Baxdrostat is a selective and competitive inhibitor of aldosterone synthase, a key enzyme involved in the production of cortisol and aldosterone. In preclinical studies, baxdrostat decreased aldosterone levels without affecting cortisol levels. However, it is unclear how long baxdrostat can suppress aldosterone levels.
During clinical trials, baxdrostat was generally well tolerated, with few adverse events reported. However, there were some cases of potassium elevation and hyponatremia. Of these cases, only two patients required hospitalization, and all recovered well enough to resume baxdrostat.

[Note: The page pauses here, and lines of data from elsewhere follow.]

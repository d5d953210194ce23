-- ===== src/OpenaiCompat.antt =====
-- adapters/openai_compat.py: how a body and its headers are adapted to the provider before they are
-- sent. The code works on a deep copy, so nothing is shared with the caller's body.
pub mod Headers
pub mod Bodies
use ai_proxy.Common.{
  String, append, Bool, true, false, not, ◌&&◌, ◌||◌, Option, none, some, List, [], ◌∷◌, ◌==◌,
  if◌then◌else◌, ◌>>=◌, contains, any,
}
use ai_proxy.Dict
use ai_proxy.Dict.{Dict}
use ai_proxy.Text.{lower, has_prefix, has_infix, drop_prefix}
use ai_proxy.Json.{
  Json, bool, str, array, object, as_object, as_array, as_str, get_object, get_array, get_str,
  get_truthy, JsonObject,
}
use ai_proxy.Adapter.{BaseAdapter}

abbrev pub google_unsupported_params : List String
google_unsupported_params =
    "frequency_penalty" ∷ "logit_bias" ∷ "logprobs" ∷ "min_p" ∷ "presence_penalty"
    ∷ "repetition_penalty" ∷ "seed" ∷ "top_a" ∷ "top_k" ∷ "top_logprobs" ∷ []

abbrev pub fireworks_unsupported_params : List String
fireworks_unsupported_params = "top_a" ∷ []

abbrev pub fireworks_model_prefix : String
fireworks_model_prefix = "accounts/fireworks/models/"

abbrev pub stripped_request_headers : List String
stripped_request_headers =
    "accept-encoding" ∷ "authorization" ∷ "content-length" ∷ "content-type" ∷ "host" ∷ "connection"
    ∷ "content-encoding" ∷ "keep-alive" ∷ "proxy-authenticate" ∷ "proxy-authorization" ∷ "te"
    ∷ "trailer" ∷ "transfer-encoding" ∷ "upgrade" ∷ "sec-fetch-mode" ∷ "sec-fetch-site"
    ∷ "sec-fetch-dest" ∷ []

abbrev mentions_thought : Json → Bool
mentions_thought item = elim (as_str item) [
  | none ↦ false
  | some s ↦ has_infix "thought" (lower s) || has_infix "reasoning" (lower s)
]

unfoldable pub google_include_requests_thoughts : Option Json → Bool
unfolding has_infix lower
google_include_requests_thoughts include_value = elim (include_value >>= as_array) [
  | none ↦ false
  | some items ↦ any mentions_thought items
]

unfoldable pub google_supports_reasoning_effort : Option String → Bool
unfolding drop_prefix
google_supports_reasoning_effort none = false
google_supports_reasoning_effort (some model_name) = has_prefix "gemini-" model_name

unfoldable pub google_is_gemma_thinking_toggle_model : Option String → Bool
unfolding drop_prefix
google_is_gemma_thinking_toggle_model none = false
google_is_gemma_thinking_toggle_model (some model_name) = has_prefix "gemma-4-" model_name

abbrev non_empty_lower : Option String → Option String
non_empty_lower none = none
non_empty_lower (some s) = if s == "" then none else some (lower s)

abbrev or_lower : Option String → Option String → Option String
or_lower none other = non_empty_lower other
or_lower (some s) other = if s == "" then non_empty_lower other else some (lower s)

unfoldable pub extract_google_reasoning_effort : Option Json → Option Json → Option String
unfolding lower
extract_google_reasoning_effort reasoning_value reasoning_effort_value =
    or_lower (reasoning_value >>= as_object >>= λ reasoning. get_str reasoning "effort")
      (reasoning_effort_value >>= as_str)

unfoldable pub map_google_gemma_reasoning_effort : String → String
map_google_gemma_reasoning_effort reasoning_effort =
    if reasoning_effort == "none" then "minimal" else "high"

-- `request_body["extra_body"]["google"]["thinking_config"]`, where all three are objects
abbrev pub thinking_config : JsonObject → Option JsonObject
thinking_config request_body = do
  extra_body ← get_object request_body "extra_body"
  google_config ← get_object extra_body "google"
  get_object google_config "thinking_config"

abbrev has_level : Option JsonObject → Bool
has_level none = false
has_level (some config) =
    Dict.contains config "thinking_level" || Dict.contains config "thinking_budget"

unfoldable pub google_has_explicit_thinking_level : JsonObject → Bool
google_has_explicit_thinking_level request_body = has_level (thinking_config request_body)

abbrev pub or_empty_object : Option JsonObject → JsonObject
or_empty_object none = []
or_empty_object (some d) = d

-- `_ensure_google_thinking_config(request_body)[key] = value`: an object at each of the three levels,
-- in place of what is no object, and the write into the innermost.
unfoldable pub set_google_thinking : JsonObject → String → Json → JsonObject
set_google_thinking request_body key value =
    let extra_body = or_empty_object (get_object request_body "extra_body") in
    let google_config = or_empty_object (get_object extra_body "google") in
    let thinking = or_empty_object (get_object google_config "thinking_config") in
    Dict.set request_body "extra_body" (
      object (
        Dict.set extra_body "google" (
          object
            (Dict.set google_config "thinking_config" (object (Dict.set thinking key value))))))

unfoldable pub add_thoughts : Option Json → JsonObject → JsonObject
unfolding google_include_requests_thoughts set_google_thinking
add_thoughts include prepared =
    if google_include_requests_thoughts include
    then set_google_thinking prepared "include_thoughts" (bool true)
    else prepared

abbrev effort_set : JsonObject → String → JsonObject
effort_set prepared effort =
    if google_is_gemma_thinking_toggle_model (get_str prepared "model")
    then set_google_thinking prepared "thinking_level"
        (str (map_google_gemma_reasoning_effort effort))
    else if google_supports_reasoning_effort (get_str prepared "model")
    then Dict.set prepared "reasoning_effort" (str effort)
    else prepared

unfoldable pub add_effort : Option String → JsonObject → JsonObject
unfolding google_has_explicit_thinking_level google_is_gemma_thinking_toggle_model
    google_supports_reasoning_effort map_google_gemma_reasoning_effort set_google_thinking
add_effort none prepared = prepared
add_effort (some effort) prepared =
    if google_has_explicit_thinking_level prepared then prepared else effort_set prepared effort

unfoldable pub add_usage_option : JsonObject → JsonObject
add_usage_option prepared =
    if get_truthy prepared "stream"
    then Dict.set prepared "stream_options" (
        object (
          Dict.set_default (or_empty_object (get_object prepared "stream_options")) "include_usage"
            (bool true)))
    else prepared

-- The body for Google AI Studio.
unfoldable pub prepare_google_body : JsonObject → JsonObject
unfolding add_thoughts add_effort add_usage_option extract_google_reasoning_effort
prepare_google_body request_body =
    let supported = Dict.pop_all (Dict.pop request_body "provider") google_unsupported_params in
    let with_thoughts =
      add_thoughts (Dict.get supported "include") (Dict.pop supported "include") in
    let effort =
      extract_google_reasoning_effort (Dict.get with_thoughts "reasoning")
        (Dict.get with_thoughts "reasoning_effort") in
    add_usage_option
      (add_effort effort (Dict.pop (Dict.pop with_thoughts "reasoning") "reasoning_effort"))

unfoldable pub fireworks_model : String → String
fireworks_model model =
    if has_prefix fireworks_model_prefix model then model else append fireworks_model_prefix model

abbrev rename_model : Option String → JsonObject → JsonObject
rename_model none prepared = prepared
rename_model (some model) prepared = Dict.set prepared "model" (str (fireworks_model model))

abbrev add_fireworks_effort : Option String → JsonObject → JsonObject
add_fireworks_effort none prepared = prepared
add_fireworks_effort (some effort) prepared =
    if not (effort == "") && not (Dict.contains prepared "reasoning_effort")
    then Dict.set prepared "reasoning_effort" (str (lower effort))
    else prepared

-- The body for Fireworks. (A name that has the prefix is written back as it is.)
unfoldable pub prepare_fireworks_body : JsonObject → JsonObject
unfolding fireworks_model
prepare_fireworks_body request_body =
    let supported =
      Dict.pop_all (Dict.pop (Dict.pop request_body "provider") "include")
        fireworks_unsupported_params in
    let named = rename_model (get_str supported "model") supported in
    add_fireworks_effort
      (Dict.get named "reasoning" >>= as_object >>= λ reasoning. get_str reasoning "effort")
      (Dict.pop named "reasoning")

unfoldable pub prepare_request_body : BaseAdapter → JsonObject → JsonObject
unfolding prepare_google_body prepare_fireworks_body
prepare_request_body adapter request_body =
    if adapter.provider_name == "fireworks"
    then prepare_fireworks_body request_body
    else if adapter.provider_name == "google"
    then prepare_google_body request_body
    else request_body

abbrev add_authorization : Option String → Dict String → Dict String
add_authorization none out = out
add_authorization (some key) out =
    if key == "" then out else Dict.set out "Authorization" (append "Bearer " key)

abbrev pub effective_key : BaseAdapter → Option String → Option String
effective_key adapter none = adapter.api_key
effective_key adapter (some key) = some key

unfoldable pub build_headers : BaseAdapter → Dict String → Option String → Dict String
build_headers adapter headers override_api_key =
    let kept = Dict.filter_keys (λ k. not (contains (lower k) stripped_request_headers)) headers in
    let out =
      Dict.set (Dict.set kept "Accept-Encoding" "identity") "Content-Type" "application/json" in
    Dict.update (add_authorization (effective_key adapter override_api_key) out)
      adapter.extra_headers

After a five-day run-in period, patients received the experimental drug for 15 days. After that, patients were enrolled in a study to determine whether the drug caused any side effects. The trial included a screening period of up to 28 days, a five-day run-in period, a controlled diet, and baseline PD assessments.
In clinical trials, baxdrostat has been found to reduce systolic blood pressure in patients with treatment-resistant hypertension. The study involved 248 patients with blood pressure over 130/80 mm Hg, and they had been taking at least one antihypertensive medication and a diuretic. The study was placebo-controlled and included patients from multiple clinical locations.
The drug works by suppressing the production of aldosterone, a hormone essential for the regulation of salt in the body. This can reduce the levels of aldosterone in the blood and urine. This drug may cause a significant drop in blood pressure in patients with hypertension, as excess aldosterone is a contributor to hypertension.
Researchers have completed enrollment for the Phase 2 HALO trial, a trial in people with uncontrolled hypertension. The study is expected to finish in the second half of 2022. In addition, the company has initiated a phase 2 open-label extension study to assess the drug’s safety and tolerability over a longer period of time.
Aldosterone synthase is inhibited by the small molecule medication baxdrostat, which is taken orally. It has a high therapeutic index and has shown promising results in clinical trials.
During its clinical trial, baxdrostat was well tolerated. There were no reported serious side effects. However, there were some cases of hyponatremia and raised potassium levels. Hyperkalemia was noted in six patients. Three of them had potassium levels that were 6.0 to 6.3 mmol/L, while the other two patients had higher levels. Fortunately, all of these patients were able to resume baxdrostat and completed the study.
Baxdrostat is an oral medication that can help millions of people manage their hypertension. It works by blocking a hormone in the body that regulates blood salt levels. This can reduce blood pressure and potentially prevent strokes and heart attacks. The drug has been studied in people with treatment-resistant hypertension.
In the bright trial, baxdrostat significantly reduced systolic and diastolic blood pressure. At the AHA 2022 conference in Chicago, the researchers revealed the trial’s findings, and they were also simultaneously published in the New England Journal of Medicine. The study enrolled 248 patients with a systolic blood pressure of 130/80 mmHg or higher to receive baxdrostat or a placebo. Patients were randomly assigned to receive one of the three active baxdrostat dosages or a placebo.. The primary endpoint was the change in systolic blood pressure over 12 weeks.
Baxdrostat is an aldosterone synthase inhibitor, which reduces high blood pressure. It reduces serum and urinary aldosterone levels and increases the activity of plasma renin. In patients with treatment-resistant hypertension, baxdrostat may be a promising treatment option.
Although the early-phase clinical and preclinical profiles of baxdrostat are favorable, it is still important to examine its safety in the setting of long-term use. It is necessary to ascertain its mechanism of action and steady-state effects. The safety of baxdrostat is dependent upon its efficacy and safe dosing.